“We all heard the headlines about a 25% increase in SNAP benefits coming in October. That was the truth, but it didn’t tell the full story,” Sally Lyons Wyatt, executive vice president and practice leader at IRI, warned during a webinar late last month.
She explained that while changes to the Thrifty Food Plan, on which SNAP benefits are based, increased the average amount beneficiaries receive monthly by about 27% beginning in October, this increase was on the base amount received before pandemic-related stimulus temporarily increased the allotments in recent months.
Through out 2020, SNAP benefits increased, starting with 40% or about $2bn in the spring. In December last year, Congress provided a 15% increase in SNAP benefits from January through June 2021, which was then extended through September as part of the American Rescue Plan.
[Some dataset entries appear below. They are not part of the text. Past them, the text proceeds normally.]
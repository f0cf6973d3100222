-- ===== src/Telemetry.antt =====
-- telemetry.go: the counters of `Telemetry`, each an atomic of its own, and the snapshot that Stats takes.
pub mod Laws
mod Runs
use cache_predict.Common.{ℕ, ◌+◌, ◌%◌, ◌^◌, ◌≡◌, ltb, if◌then◌else◌}

pub record Telemetry : Type 0 where
  pub total_requests : ℕ
  pub cache_hits : ℕ
  pub cache_misses : ℕ
  pub prefetches_executed : ℕ

-- NewTelemetry
abbrev pub new_telemetry : Telemetry
new_telemetry = record {
  total_requests = 0;
  cache_hits = 0;
  cache_misses = 0;
  prefetches_executed = 0;
}

-- The atomic additions.
unfoldable pub add_request : Telemetry → Telemetry
add_request t = record t { total_requests = (t.total_requests + 1) % 2 ^ 64 }

unfoldable pub add_hit : Telemetry → Telemetry
add_hit t = record t { cache_hits = (t.cache_hits + 1) % 2 ^ 64 }

unfoldable pub add_miss : Telemetry → Telemetry
add_miss t = record t { cache_misses = (t.cache_misses + 1) % 2 ^ 64 }

-- RecordPrefetch
unfoldable pub record_prefetch : Telemetry → Telemetry
record_prefetch t = record t { prefetches_executed = (t.prefetches_executed + 1) % 2 ^ 64 }

-- RecordHit, with nothing between its two additions
unfoldable pub record_hit : Telemetry → Telemetry
record_hit t = add_hit (add_request t)

-- RecordMiss, likewise
unfoldable pub record_miss : Telemetry → Telemetry
record_miss t = add_miss (add_request t)

-- The counters, and how many calls of RecordHit and RecordMiss stand between their two additions.
pub record InFlight : Type 0 where
  pub counters : Telemetry
  pub hits_begun : ℕ
  pub misses_begun : ℕ

-- One atomic addition of some caller.
pub data Step : InFlight → InFlight → Type 0 where
  begin_hit :
      (s : InFlight)
      → Step s (record s { counters = add_request s.counters; hits_begun = s.hits_begun + 1 })
  end_hit :
      (s : InFlight) (n : ℕ)
      → s.hits_begun ≡ n + 1
      → Step s (record s { counters = add_hit s.counters; hits_begun = n })
  begin_miss :
      (s : InFlight)
      → Step s (record s { counters = add_request s.counters; misses_begun = s.misses_begun + 1 })
  end_miss :
      (s : InFlight) (n : ℕ)
      → s.misses_begun ≡ n + 1
      → Step s (record s { counters = add_miss s.counters; misses_begun = n })
  prefetch : (s : InFlight) → Step s (record s { counters = record_prefetch s.counters })

pub data Reach (s : InFlight) : InFlight → Type 0 where
  here : Reach s s
  next : {t u : InFlight} → Reach s t → Step t u → Reach s u

-- A float64 that is the quotient of two counters.
pub record Ratio : Type 0 where
  pub num : ℕ
  pub den : ℕ

pub record Stats : Type 0 where
  pub total : ℕ
  pub hits : ℕ
  pub misses : ℕ
  pub prefetches : ℕ
  pub hit_rate : Ratio

-- Stats: the four loads see the counters at four moments, one after the other. HitRate stays the
-- quotient.
unfoldable pub stats : Telemetry → Telemetry → Telemetry → Telemetry → Stats
stats t1 t2 t3 t4 = record {
  total = t1.total_requests;
  hits = t2.cache_hits;
  misses = t3.cache_misses;
  prefetches = t4.prefetches_executed;
  hit_rate =
      if ltb 0 t1.total_requests
      then record { num = t2.cache_hits; den = t1.total_requests }
      else record { num = 0; den = 1 };
}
Those increases raised the average monthly benefit spend per person by 38% -- all of which went to the food and beverage industry. In addition, other emergency stimulus allotments that were not specifically earmarked for food likely bolstered beneficiaries grocery spending by freeing up money that would have gone to other categories, Lyons Wyatt said.
However, those benefits were never permanent and they ended just as the Thrifty Food Plan increase went into effect – a tradeoff that will result in what feels like only a modest increase, rather than the significant one touted in many headlines, she explained.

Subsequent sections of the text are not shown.